An educational tour of the many medicinal plants that surround the resort is given by Pete, the Fijian Activities Director, who knows what every plant is good for ailments ranging from stomach problems to mosquito bites. Johnny Singh, the Fijian on-site, University degreed Marine Biologist, gives evening presentations on sea life, ecology, and the children’s favorite, sharks. He also takes guests snorkeling and SCUBA diving.
Guests can also take trips to a local rainforest and swim in the rushing waterfall. They can sail to a private island near the resort or to a Mangrove forest, and be driven to the town of Savusavu, where they can again sail out to the J.Hunter oyster beds, where they can see the Oyster chaplets, and understand how and where some of the most colorful pearls in world are created, and then return to buy some. (Photo courtesy of J. Hunter Pearls)
With all that said, and with all the substantial sustainable/ocean education and Fijian culture DNA as the root system of this resort, the Cousteau resort is still in process of evolution. It was purchased in 2005 by the Canyon Equity Group, a highly specialized company whose few high end resorts reflect their vision of eco-sensitivity, and a view that the resort must have a relational, reflective and values organicity to the outside landscape. Their projects include Amangiri, at Canyon Point in Southern Utah, Amangani in Jackson, Wyoming, Dunton Hot Spings, near Cortez, Colorado, and others in Santa Fe, France and one in process in Costa Rica.
As regards the Cousteau Resort, the evolving, in-process part deals with their plans for the renovation of the Bures, with in-place pre-planning strategies for building new ones. “Many of these renovations are subtle, more infrastructure things,” said Mark Slimmer, the General Manager of the Cousteau Resort.
“For example, the lighting, some of the interior color design of the Bures, some of the wall décor. The Bures are beautiful as they are, but we feel we can further highlight the natural beauty of wood, stone, and glass. We do not have TVs or radios in the Bures, as all the guests hear now and will ever hear are sounds of nature: the waves, the wind, the rustle of the trees, the singing of the birds. That won’t change, but we may eventually build a few more Bures."

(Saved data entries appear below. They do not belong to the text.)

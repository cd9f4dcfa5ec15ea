-- ===== src/Pic/Scan.antt =====
-- What `next_irq` of src/pic.rs decides, as one pass over the fifteen lines in priority order.
use native.Mathlib.Nat.{pow-le-pow_right}
use cuddles.Base.{
  ℕ, zero, suc, ◌+◌, ◌-◌, ◌^◌, ◌≤◌, ◌<◌, ◌≡◌, refl, Bool, true, false, not, ◌&&◌, Option, none,
  some, List, [], ◌∷◌, ◌++◌, ◌≢◌, inl, inr, arith, bit_and, ◌==◌, ltb, if◌then◌else◌, has_bits,
  bit_not, testb, testb-bit_and, testb-bit_not, has_bits-pow, Bool-cases, ◌<<<◌, u8,
}
use cuddles.Pic.{Pic, slave_walk, master_step, master_walk, next_irq, or_else}

-- A request that the mask lets through, on one PIC.
abbrev pub open_request : ℕ → ℕ → ℕ → Bool
open_request irr imr k = testb irr k && not (testb imr k)

-- The line is in service, where its PIC is visible. The slave is behind the master's line 2.
unfoldable pub blocks : Pic → ℕ → Bool
blocks p l =
    if ltb l 8
    then testb p.master_isr l
    else not (testb p.master_imr 2) && testb p.slave_isr (l - 8)

-- The line is requested and unmasked. The cascade line itself delivers nothing.
unfoldable pub wants : Pic → ℕ → Bool
wants p l =
    if l == 2
    then false
    else if ltb l 8
    then open_request p.master_irr p.master_imr l
    else not (testb p.master_imr 2) && open_request p.slave_irr p.slave_imr (l - 8)

abbrev pub upto : ℕ → ℕ → List ℕ
upto zero i = []
upto (suc n) i = i ∷ upto n (i + 1)

-- IRQ0 and IRQ1, the slave's lines, the cascade line, and IRQ3 to IRQ7.
abbrev pub order : List ℕ
order = 0 ∷ 1 ∷ (upto 8 8 ++ 2 ∷ upto 5 3)

-- The first line that wants an interrupt, unless a line in service comes before it or is it.
abbrev pub ready_step : Pic → ℕ → Option ℕ → Option ℕ
ready_step p l rest = if blocks p l then none else if wants p l then some l else rest

unfoldable pub first_ready : Pic → List ℕ → Option ℕ
first_ready p [] = none
first_ready p (l ∷ ls) = ready_step p l (first_ready p ls)

testb-open :
    (irr imr k : ℕ)
    → imr < 2 ^ 8
    → k < 8
    → testb (bit_and irr (bit_not 8 imr)) k ≡ open_request irr imr k
testb-open irr imr k hm hk = rw (testb-bit_and, testb-bit_not 8 imr k hm hk)

shifted_one : (k : ℕ) → 1 <<< k ≡ 2 ^ k
shifted_one k = omega arith

has_bits-shift : (x k : ℕ) → has_bits x (1 <<< k) ≡ testb x k
has_bits-shift x k = rw shifted_one (has_bits-pow x k)

-- No line above 2 has the cascade line's bit.
cascade_only : (i : ℕ) → 3 ≤ i → (1 <<< i == 4) ≡ false
cascade_only i h =
    let large : 2 ^ 3 ≤ 2 ^ i = pow-le-pow_right (omega arith) h in ground (arith, large)

module _ (p : Pic) (imr8 : p.master_imr < 2 ^ 8) (simr8 : p.slave_imr < 2 ^ 8) where
  slave_walk-visible :
      (left j : ℕ) (ls : List ℕ)
      → testb p.master_imr 2 ≡ false
      → left + j ≤ 8
      → or_else
          (slave_walk left j p.slave_isr (bit_and p.slave_irr (bit_not 8 p.slave_imr)))
          (first_ready p ls)
        ≡ first_ready p (upto left (8 + j) ++ ls)
  unfolding slave_walk first_ready blocks wants
  slave_walk-visible zero j ls vis h = refl
  slave_walk-visible (suc left) j ls vis h =
      let line : 8 + j - 8 ≡ j = omega arith in
      let next : 8 + (j + 1) ≡ 8 + j + 1 = omega arith in
      let ih = slave_walk-visible left (j + 1) ls vis (omega arith) in
      let ih' = rw next at ih in
      ground (
        arith,
        line,
        ih',
        has_bits-shift p.slave_isr j,
        has_bits-shift (bit_and p.slave_irr (bit_not 8 p.slave_imr)) j,
        testb-open p.slave_irr p.slave_imr j simr8,
      )

  slave_walk-masked :
      (left j : ℕ) (ls : List ℕ)
      → testb p.master_imr 2 ≡ true
      → first_ready p (upto left (8 + j) ++ ls) ≡ first_ready p ls
  unfolding first_ready blocks wants
  slave_walk-masked zero j ls hidden = refl
  slave_walk-masked (suc left) j ls hidden =
      let next : 8 + (j + 1) ≡ 8 + j + 1 = omega arith in
      let ih = slave_walk-masked left (j + 1) ls hidden in
      let ih' = rw next at ih in ground (arith, ih')

  -- A round of the master's walk at a line other than the cascade's.
  master_step-line :
      (i : ℕ) (rest : Option ℕ)
      → i < 8
      → i ≢ 2
      → (1 <<< i == u8 (1 <<< p.cascade_irq)) ≡ false
      → master_step p i rest ≡ ready_step p i rest
  unfolding master_step blocks wants
  master_step-line i rest h ne other =
      let pend = has_bits-shift (bit_and p.master_irr (bit_not 8 p.master_imr)) i in
      let opened = testb-open p.master_irr p.master_imr i imr8 h in
      rw (other, has_bits-shift p.master_isr i, pend, opened) (ground arith)

  module _ (c : p.cascade_irq ≡ 2) where
    master_walk-low :
        (left i : ℕ) → 3 ≤ i → left + i ≤ 8 → master_walk p left i ≡ first_ready p (upto left i)
    unfolding master_walk first_ready
    master_walk-low zero i lo hi = refl
    master_walk-low (suc left) i lo hi =
        rw (master_walk-low left (i + 1) (omega arith) (omega arith))
          (master_step-line i _ (omega arith) (omega arith) (rw c (cascade_only i lo)))

    -- The round at the cascade line: the slave's lines, and then the line itself.
    master_step-cascade :
        (ls : List ℕ) → master_step p 2 (first_ready p ls) ≡ first_ready p (upto 8 8 ++ 2 ∷ ls)
    master_step-cascade ls = elim (Bool-cases (testb p.master_imr 2)) [
      | inl hidden ↦ rw (slave_walk-masked 8 0 (2 ∷ ls) hidden) (masked_round hidden)
      | inr vis ↦ rw (← slave_walk-visible 8 0 (2 ∷ ls) vis (omega arith)) (visible_round vis)
    ]
      where
        masked_round :
            testb p.master_imr 2 ≡ true
            → master_step p 2 (first_ready p ls) ≡ first_ready p (2 ∷ ls)
        masked_round hidden =
            unfold master_step first_ready blocks wants in
            rw c (ground (arith, hidden, has_bits-pow p.master_imr 2, has_bits-pow p.master_isr 2))

        visible_round :
            testb p.master_imr 2 ≡ false
            → master_step p 2 (first_ready p ls)
              ≡ or_else
                  (slave_walk 8 0 p.slave_isr (bit_and p.slave_irr (bit_not 8 p.slave_imr)))
                  (first_ready p (2 ∷ ls))
        visible_round vis =
            unfold master_step first_ready blocks wants in
            rw c (ground (arith, vis, has_bits-pow p.master_imr 2, has_bits-pow p.master_isr 2))

    -- Where both masks are bytes and the cascade line is 2, the nested loops of `next_irq` give
    -- the first line of the priority order that is requested and unmasked, unless a line in
    -- service stands before it.
    pub next_irq-first_ready : next_irq p ≡ first_ready p order
    unfolding next_irq master_walk
    next_irq-first_ready =
        rw (master_walk-low 5 3 (omega arith) (omega arith), master_step-cascade (upto 5 3))
          (top_lines (upto 8 8 ++ 2 ∷ upto 5 3))
      where
        top_lines :
            (ls : List ℕ)
            → master_step p 0 (master_step p 1 (first_ready p ls)) ≡ first_ready p (0 ∷ 1 ∷ ls)
        top_lines ls =
            unfold first_ready in
            rw (
              master_step-line 1 (first_ready p ls) (omega arith) (omega arith) (rw c refl),
              master_step-line 0 (ready_step p 1 (first_ready p ls)) (omega arith) (omega arith)
                  (rw c refl),
            )
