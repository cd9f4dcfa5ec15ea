-- ===== src/Pic/Service.antt =====
-- Which line src/pic.rs chooses, and what setting and clearing a bit does.
use cuddles.Base.{
  ℕ, ◌^◌, ◌<◌, ◌≡◌, refl, sym, ◌∙◌, ap, true, false, not, ◌&&◌, ◌||◌, some, List, [], ◌∷◌, ◌++◌,
  inl, inr, ◌↔◌, arith, ◌==◌, testb, testb-bit_and, testb-bit_or, testb-bit_not, testb-pow,
  testb_ext, Bool-cases, ◌<<<◌, u8, holds_under, holds_under_lem, ==_iff,
}
use cuddles.Pic.{Pic, set_bit, clear_bit, next_irq}
use cuddles.Pic.Scan.{blocks, wants, order, first_ready, next_irq-first_ready}
use cuddles.Pic.Valid.{IsValid, set_bit-lt, clear_bit-lt}

abbrev pub All : (ℕ → Type 0) → List ℕ → Type 0
All P [] = Unit {0}
All P (x ∷ xs) = P x × All P xs

-- Line `l` of the list `ls` is the one to deliver: it is requested, unmasked and not in service,
-- and no line ahead of it is in service or has such a request.
pub record IsChosen (p : Pic) (ls : List ℕ) (l : ℕ) : Type 0 where
  pub ahead : List ℕ
  pub behind : List ℕ
  pub split : ls ≡ ahead ++ l ∷ behind
  pub idle : All (λ j. (blocks p j ≡ false) × (wants p j ≡ false)) ahead
  pub free : blocks p l ≡ false
  pub wanted : wants p l ≡ true

pub first_ready-IsChosen :
    (p : Pic) (ls : List ℕ) (l : ℕ) → first_ready p ls ≡ some l → IsChosen p ls l
unfolding first_ready
first_ready-IsChosen p [] l h = cc
first_ready-IsChosen p (x ∷ ls) l h = elim (Bool-cases (blocks p x)) [
  | inl b ↦ absurd (cc (rw b at h))
  | inr b ↦ elim (Bool-cases (wants p x)) [
    | inl w ↦
        let same : x ≡ l = ground arith in
        record {
          ahead = [];
          behind = ls;
          split = ap (λ k. k ∷ ls) same;
          idle = tt;
          free = rw same at b;
          wanted = rw same at w;
        }
    | inr w ↦
        let later : first_ready p ls ≡ some l = ground arith in
        let r = first_ready-IsChosen p ls l later in
        record {
          ahead = x ∷ r.ahead;
          behind = r.behind;
          split = ap (λ k. x ∷ k) r.split;
          idle = ((b, w), r.idle);
          free = r.free;
          wanted = r.wanted;
        }
  ]
]

pub skip_idle :
    (p : Pic) (ahead behind : List ℕ) (l : ℕ)
    → All (λ j. (blocks p j ≡ false) × (wants p j ≡ false)) ahead
    → blocks p l ≡ false
    → wants p l ≡ true
    → first_ready p (ahead ++ l ∷ behind) ≡ some l
unfolding first_ready
skip_idle p [] behind l idle b w = rw (b, w)
skip_idle p (x ∷ ahead) behind l idle b w =
    rw (idle.0.0, idle.0.1) (skip_idle p ahead behind l idle.1 b w)

-- The pair delivers exactly the line that fixed priority chooses: IRQ0, IRQ1, the slave's IRQ8 to
-- IRQ15, the cascade line, IRQ3 to IRQ7.
pub next_irq_iff : (p : Pic) (l : ℕ) → IsValid p → (next_irq p ≡ some l) ↔ IsChosen p order l
next_irq_iff p l v =
    let scan = next_irq-first_ready p v.master_imr8 v.slave_imr8 v.cascaded in
    (
      λ h. first_ready-IsChosen p order l (sym scan ∙ h),
      λ c.
          scan ∙ ap (first_ready p) c.split ∙ skip_idle p c.ahead c.behind l c.idle c.free c.wanted,
    )

pub testb-set_bit : (v i k : ℕ) → i < 8 → testb (set_bit v i) k ≡ testb v k || (i == k)
unfolding set_bit
testb-set_bit v i k h =
    let bit : u8 (1 <<< i) ≡ 2 ^ i =
      (==_iff _ _).0
        (holds_under_lem (λ i. u8 (1 <<< i) == 2 ^ i) 8 i h (unfold holds_under in refl)) in
    rw (bit, testb-bit_or, testb-pow)

pub testb-clear_bit :
    (v i k : ℕ) → i < 8 → k < 8 → testb (clear_bit v i) k ≡ testb v k && not (i == k)
unfolding clear_bit
testb-clear_bit v i k h hk =
    let bit : u8 (1 <<< i) ≡ 2 ^ i =
      (==_iff _ _).0
        (holds_under_lem (λ i. u8 (1 <<< i) == 2 ^ i) 8 i h (unfold holds_under in refl)) in
    let small : 2 ^ i < 2 ^ 8 = rw (← bit) (omega arith) in
    rw (bit, testb-bit_and, testb-bit_not 8 (2 ^ i) k small hk, testb-pow)

-- Setting a clear bit and clearing it again changes nothing.
pub clear_bit-set_bit :
    (v i : ℕ) → v < 2 ^ 8 → i < 8 → testb v i ≡ false → clear_bit (set_bit v i) i ≡ v
clear_bit-set_bit v i hv hi off = testb_ext 8 _ v (clear_bit-lt _ i (set_bit-lt v i hv)) hv λ k hk.
    elim (Bool-cases (i == k)) [
      | inl e ↦
          rw (testb-clear_bit _ i k hi hk, e) (ground (arith, off, ap (testb v) ((==_iff i k).0 e)))
      | inr e ↦ rw (testb-clear_bit _ i k hi hk, testb-set_bit v i k hi, e) (ground arith)
    ]
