-- ===== src/Pic/Reentry.antt =====
-- Lines in service hold back the lines below them in src/pic.rs.
use mathlib.Core.Path.{subst}
use cuddles.Base.{
  ℕ, ◌+◌, ◌-◌, ◌<◌, ◌≡◌, refl, sym, ◌∙◌, ap, true, none, some, List, [], ◌∷◌, ◌⊎◌, inl, inr, arith,
  ltb, if◌then◌else◌, Bool-cases,
}
use cuddles.Pic.{raise_irq, clear_irq, Pic, deliver, acknowledge, next_irq}
use cuddles.Pic.Scan.{blocks, wants, order, first_ready, next_irq-first_ready}
use cuddles.Pic.Valid.{
  Access, accesses, AreAccesses, accesses-IsValid, IsValid, acknowledge-IsValid,
}
use cuddles.Pic.Service.{All, next_irq_iff, testb-set_bit}

-- Where a line stands in the order of priority.
abbrev pub rank : ℕ → ℕ
rank l = if ltb l 2 then l else if ltb l 8 then l + 8 else l - 6

abbrev pub IsRanked : List ℕ → Type 0
IsRanked [] = Unit {0}
IsRanked (x ∷ xs) = All (λ y. rank x < rank y) xs × IsRanked xs

abbrev pub In : ℕ → List ℕ → Type 0
In l [] = ⊥
In l (x ∷ xs) = (l ≡ x) ⊎ In l xs

pub all_in : (P : ℕ → Type 0) (l : ℕ) (xs : List ℕ) → All P xs → In l xs → P l
all_in P l (x ∷ xs) h (inl e) = subst P (sym e) h.0
all_in P l (x ∷ xs) h (inr m) = all_in P l xs h.1 m
all_in P l [] h m = absurd m

pub first_ready-In : (p : Pic) (ls : List ℕ) (l : ℕ) → first_ready p ls ≡ some l → In l ls
unfolding first_ready
first_ready-In p [] l h = cc
first_ready-In p (x ∷ ls) l h = elim (Bool-cases (blocks p x)) [
  | inl b ↦ absurd (cc (rw b at h))
  | inr b ↦ elim (Bool-cases (wants p x)) [
    | inl w ↦ inl (ground arith)
    | inr w ↦ inr (first_ready-In p ls l (ground arith))
  ]
]

-- A line in service lets only lines of higher priority through.
pub below_blocked :
    (p : Pic) (ls : List ℕ) (l j : ℕ)
    → IsRanked ls
    → In l ls
    → blocks p l ≡ true
    → first_ready p ls ≡ some j
    → rank j < rank l
unfolding first_ready
below_blocked p [] l j r m b h = absurd m
below_blocked p (x ∷ ls) l j r (inl e) b h =
    let b' : blocks p x ≡ true = rw (← e) b in absurd (cc (rw b' at h))
below_blocked p (x ∷ ls) l j r (inr m) b h = elim (Bool-cases (blocks p x)) [
  | inl bx ↦ absurd (cc (rw bx at h))
  | inr bx ↦ elim (Bool-cases (wants p x)) [
    | inl w ↦
        let same : x ≡ j = ground arith in rw (← same) (all_in (λ y. rank x < rank y) l ls r.0 m)
    | inr w ↦ below_blocked p ls l j r.1 m b (ground arith)
  ]
]

pub order-IsRanked : IsRanked order
order-IsRanked = omega arith

-- The line just delivered is in service.
pub deliver-blocks :
    (p : Pic) (l : ℕ)
    → p.cascade_irq ≡ 2
    → l < 16
    → wants p l ≡ true
    → blocks (deliver p l).1 l ≡ true
unfolding deliver blocks wants
deliver-blocks p l c h w = elim (Bool-cases (ltb l 8)) [
  | inl low ↦ ground (arith, testb-set_bit p.master_isr l l)
  | inr high ↦ ground (arith, testb-set_bit p.slave_isr (l - 8) (l - 8))
]

pub acknowledge-none : (p : Pic) → next_irq p ≡ none → acknowledge p ≡ (none, p)
unfolding acknowledge
acknowledge-none p h = rw (h, acknowledge) refl

pub acknowledge-deliver : (p : Pic) (l : ℕ) → next_irq p ≡ some l → acknowledge p ≡ deliver p l
unfolding acknowledge
acknowledge-deliver p l h = rw (h, acknowledge)

pub next_irq-In : (p : Pic) (l : ℕ) → IsValid p → next_irq p ≡ some l → In l order
next_irq-In p l v h =
    first_ready-In p order l
      (sym (next_irq-first_ready p v.master_imr8 v.slave_imr8 v.cascaded) ∙ h)

pub order-lt : (l : ℕ) → In l order → l < 16
order-lt l m = all_in (λ y. y < 16) l order (omega arith) m

-- Devices that raise and drop lines of the pair.
abbrev pub AreRequests : List Access → Type 0
AreRequests [] = Unit {0}
AreRequests (Access.raise irq ∷ rest) = (irq < 16) × AreRequests rest
AreRequests (Access.clear irq ∷ rest) = (irq < 16) × AreRequests rest
AreRequests (a ∷ rest) = ⊥

pub requests-blocks :
    (acts : List Access) (p : Pic) (l : ℕ)
    → AreRequests acts
    → blocks (accesses acts p) l ≡ blocks p l
unfolding blocks raise_irq clear_irq
requests-blocks [] p l h = refl
requests-blocks (Access.raise irq ∷ rest) p l h =
    requests-blocks rest (raise_irq irq p) l h.1 ∙ ground arith
requests-blocks (Access.clear irq ∷ rest) p l h =
    requests-blocks rest (clear_irq irq p) l h.1 ∙ ground arith
requests-blocks (Access.command port val ∷ rest) p l h = absurd h
requests-blocks (Access.mask_or_base port val ∷ rest) p l h = absurd h
requests-blocks (Access.acknowledged ∷ rest) p l h = absurd h

pub requests-AreAccesses : (acts : List Access) → AreRequests acts → AreAccesses acts
requests-AreAccesses [] h = tt
requests-AreAccesses (Access.raise irq ∷ rest) h = (h.0, requests-AreAccesses rest h.1)
requests-AreAccesses (Access.clear irq ∷ rest) h = (h.0, requests-AreAccesses rest h.1)
requests-AreAccesses (Access.command port val ∷ rest) h = absurd h
requests-AreAccesses (Access.mask_or_base port val ∷ rest) h = absurd h
requests-AreAccesses (Access.acknowledged ∷ rest) h = absurd h

-- In a valid pair, after the line `l` is delivered and whatever lines devices raise and drop then,
-- with no command and no further acknowledge between, the line chosen next is of strictly higher
-- priority than `l`.
pub acknowledge_no_reentry :
    (acts : List Access) (p : Pic) (l j : ℕ)
    → IsValid p
    → AreRequests acts
    → next_irq p ≡ some l
    → next_irq (accesses acts (acknowledge p).1) ≡ some j
    → rank j < rank l
acknowledge_no_reentry acts p l j v reqs h again =
    let m = next_irq-In p l v h in
    let took : (acknowledge p).1 ≡ (deliver p l).1 = ap (λ r. r.1) (acknowledge-deliver p l h) in
    let w = ((next_irq_iff p l v).0 h).wanted in
    let held = requests-blocks acts (acknowledge p).1 l reqs in
    let q = accesses acts (acknowledge p).1 in
    let v' = accesses-IsValid acts (requests-AreAccesses acts reqs) (acknowledge-IsValid v) in
    let scan = next_irq-first_ready q v'.master_imr8 v'.slave_imr8 v'.cascaded in
    below_blocked q order l j order-IsRanked m
      (held ∙ rw took (deliver-blocks p l v.cascaded (order-lt l m) w)) (sym scan ∙ again)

Eventually with the building of new Bures comes a less subtle, more substantial evolution: pre-planning processes are already in place for the building of whole ownership Bures, along with the possibility of fractionalizing a few in the coming years.
Note: I was fortunate enough to travel to the Fiji Islands from November 11-18 of this year. Air Pacific and the Cousteau Resort were sponsors and hosts. It would have been impossible in time and travel expense for me to cover this subject, with its many nuances, on my own. But rest assured my opinions, as usual, and in my typical determined first-born way, are always my own.